Para isso, foi solicitado a 150 executivos seniores de diferentes empresas no mundo todo para que avaliassem suas organizações em termos de diversidade cognitiva, segurança psicológica e até que ponto consideram sua organização capaz de antecipar e responder a desafios e oportunidades, ou seja, sua adaptabilidade.

Depois disso, que escolhessem cinco palavras (de uma lista de mais de 60) que melhor descrevessem os comportamentos e emoções dominantes em sua organização.

A tabela abaixo mostra os comportamentos mais comuns selecionados por cada grupo:

tabela de comportamentos mais comuns

SEGURANÇA PSICOLÓGICA

No quadrante “generativo”, encontramos comportamentos associados à aprendizagem, experimentação e confiança.

Juntos, eles facilitam a interação de alta qualidade.

“Vigor” mostra que os membros possuem força para persistir em expressar o que você acha importante.

Ambientes psicologicamente seguros permitem esse tipo de sinceridade, sem que sejam percebidos como agressivos.

Note que também vemos mais emoções positivas nos quadrantes generativos e uniformes.

Em contraste, nos outros quadrantes encontramos palavras associadas ao controle e à restrição.

Esses comportamentos estão conspicuamente ausentes do quadrante generativo.

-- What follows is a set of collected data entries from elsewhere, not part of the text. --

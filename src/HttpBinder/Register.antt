-- ===== src/HttpBinder/Register.antt =====
-- include/weblib/server/HttpBinder.hpp: what a registration adds to the table.
use web_library.Base.{
  ◌++◌, any, append_assoc, append-nil, Exception, List, [], ◌∷◌, true, false, Option, none, some,
  Bytes, if◌then◌else◌, Result, ok, throw, endpoint_already_set, filter_before_controller, ◌>>=◌,
  Bool-cases, Option-cases, lookup, contains, emplace, or_else, bytes_eq, bytes_eq_iff,
  lookup-emplace, lookup-assign, ◌≡◌, ◌≢◌, ◌⊎◌, inl, inr, refl, sym, ap, ◌∙◌, arith,
}
use mathlib.Core.Option
use web_library.RequestType.{RequestType, type_eq}
use web_library.Utils.{process_url_str, extract_params}
use web_library.HttpHandle.{
  HttpHandle, Handler, Filter, add_filter, new_handle, add_http_method, set_handle_method,
  set_parameters, set_path, has_method,
}
use web_library.HttpBinder.{HttpBinder, add_methods, handle_for, register_handler, register_filter}

pub ok_injective : {A : Type 0} {a b : A} → ok a ≡ ok b → a ≡ b
ok_injective e = cc

pub throw-ne-ok : {e : Exception} {b : HttpBinder} → ◌≢◌ {A = Result HttpBinder} (throw e) (ok b)
throw-ne-ok h = cc

some_else :
    (o : Option HttpHandle) (v : HttpHandle) {p : Option HttpHandle}
    → p ≡ or_else o (some v)
    → (w : HttpHandle) × (p ≡ some w)
some_else none v h = (v, h)
some_else (some w) v h = (w, h)

-- What a registration that succeeds has found and done.
pub registered :
    (name : Bytes) (handler : Handler) (types : List RequestType) (b : HttpBinder) {b' : HttpBinder}
    {key : Bytes}
    → register_handler name handler types b ≡ ok b'
    → process_url_str name ≡ ok key
    → (contains name b ≡ false) × (b' ≡ emplace key (handle_for name handler types) b)
unfolding register_handler
registered name handler types b {b'} {key} h e = elim (Bool-cases (contains name b)) [
  | inl there ↦ absurd (throw-ne-ok (rw (there, register_handler) at h))
  | inr free ↦ (free, sym (ok_injective (rw (free, e, register_handler) at h)))
]

-- A registration that succeeds adds the endpoint under its processed name, unless there is one with this
-- processed name already: that one stays. All other entries are as before.
pub register_handler-lookup :
    (name : Bytes) (handler : Handler) (types : List RequestType) (b : HttpBinder) {b' : HttpBinder}
    {key : Bytes} (j : Bytes)
    → register_handler name handler types b ≡ ok b'
    → process_url_str name ≡ ok key
    → lookup j b'
      ≡ or_else (lookup j b) (if bytes_eq key j then some (handle_for name handler types) else none)
register_handler-lookup name handler types b {b'} {key} j h e =
    rw (registered name handler types b h e).1
      (lookup-emplace key j (handle_for name handler types) b)

emplace_present :
    (k : Bytes) (v w : HttpHandle) (m : HttpBinder) → lookup k m ≡ some w → emplace k v m ≡ m
unfolding lookup emplace
emplace_present k v w [] h = cc
emplace_present k v w ((j, u) ∷ m) h = elim (Bool-cases (bytes_eq j k)) [
  | inl e ↦ ground arith
  | inr e ↦ let rest = emplace_present k v w m (rw (e, lookup) at h) in ground arith
]

-- A second registration of the same name is refused exactly if the name is its own processed form, that
-- is, if it has no named hole. Any other name is registered again without an error and without an
-- effect: the new handler and its methods are dropped.
pub register_handler-twice :
    (name : Bytes) (handler handler' : Handler) (types types' : List RequestType) (b : HttpBinder)
    {b' : HttpBinder} {key : Bytes}
    → register_handler name handler types b ≡ ok b'
    → process_url_str name ≡ ok key
    → register_handler name handler' types' b'
      ≡ (if bytes_eq key name then throw endpoint_already_set else ok b')
unfolding register_handler contains
register_handler-twice name handler handler' types types' b {b'} {key} h e =
    let (free, shape) = registered name handler types b h e in
    let own = register_handler-lookup name handler types b name h e in
    let stored = register_handler-lookup name handler types b key h e in
    let same : bytes_eq key key ≡ true = (bytes_eq_iff key key).1 refl in
    let (w, present) =
      some_else (lookup key b) (handle_for name handler types) (rw same at stored) in
    let kept = emplace_present key (handle_for name handler' types') w b' present in
    ground (arith, own, e, kept, free)

-- The entry under a key, in terms of the entry under j where the two are the same.
at_key :
    (key j : Bytes) (filter : Filter) (handle : HttpHandle) (b : HttpBinder)
    → (bytes_eq key j ≡ true) ⊎ (bytes_eq key j ≡ false)
    → lookup key b ≡ some handle
    → (if bytes_eq key j then some (add_filter filter handle) else lookup j b)
      ≡ (if bytes_eq key j then Option.map (add_filter filter) (lookup j b) else lookup j b)
at_key key j filter handle b (inl e) found =
    let same : lookup j b ≡ some handle =
      ap (λ t. lookup t b) (sym ((bytes_eq_iff key j).0 e)) ∙ found in
    rw (e, same) refl
at_key key j filter handle b (inr e) found = rw e refl

-- A filter is added behind the others of the endpoint with the processed route, and to no other; where
-- there is no such endpoint, it is refused.
pub register_filter-lookup :
    (route : Bytes) (filter : Filter) (b : HttpBinder) (key j : Bytes)
    → process_url_str route ≡ ok key
    → (register_filter route filter b >>= λ b'. ok (lookup j b')) ≡ (
        if contains key b
        then ok (if bytes_eq key j then Option.map (add_filter filter) (lookup j b) else lookup j b)
        else throw filter_before_controller)
unfolding register_filter contains
register_filter-lookup route filter b key j e = elim (Option-cases (lookup key b)) [
  | inl lost ↦ ground arith
  | inr (handle, found) ↦
      let after = lookup-assign key j (add_filter filter handle) b in
      let added = after ∙ at_key key j filter handle b (Bool-cases (bytes_eq key j)) found in
      ground (arith, added)
]

add_methods_lem :
    (types : List RequestType) (h : HttpHandle)
    → add_methods types h ≡ record h { methods = h.methods ++ types }
unfolding add_methods add_http_method
add_methods_lem [] h = rw (append-nil h.methods) refl
add_methods_lem (type ∷ types) h =
    add_methods_lem types (add_http_method type h)
    ∙ ap (λ t. record h { methods = t }) (append_assoc h.methods (type ∷ []) types)

-- What register_handler stores.
pub handle_for_lem :
    (name : Bytes) (handler : Handler) (types : List RequestType)
    → handle_for name handler types ≡ record {
      methods = types;
      filters = [];
      parameters = extract_params name;
      path = name;
      handle = some handler;
    }
unfolding handle_for new_handle set_handle_method set_parameters set_path
handle_for_lem name handler types =
    ap (λ t. set_path name (set_parameters (extract_params name) (set_handle_method handler t)))
      (add_methods_lem types new_handle)

pub has_method-handle_for :
    (name : Bytes) (handler : Handler) (types : List RequestType) (type : RequestType)
    → has_method type (handle_for name handler types) ≡ any (λ t. type_eq t type) types
unfolding has_method
has_method-handle_for name handler types type =
    ap (λ h. any (λ t. type_eq t type) h.methods) (handle_for_lem name handler types)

Nós também vemos mais emoções negativas.

Os comportamentos que contam

comportamento de pessoas diante de problema

Nós escolhemos o nosso comportamento.

Precisamos ser mais curiosos, questionadores, experimentais e menos agressivos.

Precisamos deixar de ser hierárquicos, diretivos, controladores e conformes.

Não é apenas a presença dos comportamentos positivos no quadrante generativo que conta, é a ausência correspondente dos comportamentos negativos.

Por exemplo, na pesquisa – que pode ser acompanhada na íntegra, em inglês, aqui – o comportamento hierárquico é citado como um dos 5 principais comportamentos dominantes em 40% do tempo nos quadrantes não-generativos.

É citado apenas 15% do tempo como um comportamento superior no quadrante generativo.

Isso não quer dizer que as organizações no quadrante generativo têm uma estrutura mais plana – a hierarquia é um fator presente na vida de qualquer empresa – mas significa que a hierarquia não define suas interações.

Vemos o controle citado em 33% do tempo como um comportamento superior nos quadrantes não generativos, em comparação com apenas 10% no quadrante generativo.

Vemos a diretiva citada 24% do tempo como o comportamento superior nos quadrantes não-generativos em comparação com apenas 5% no generativo.

Quando deixamos de promover uma interação de alta qualidade, perdemos o benefício do que pode vir a sair de uma discussão entre pessoas que enxergam as coisas de maneiras diferentes.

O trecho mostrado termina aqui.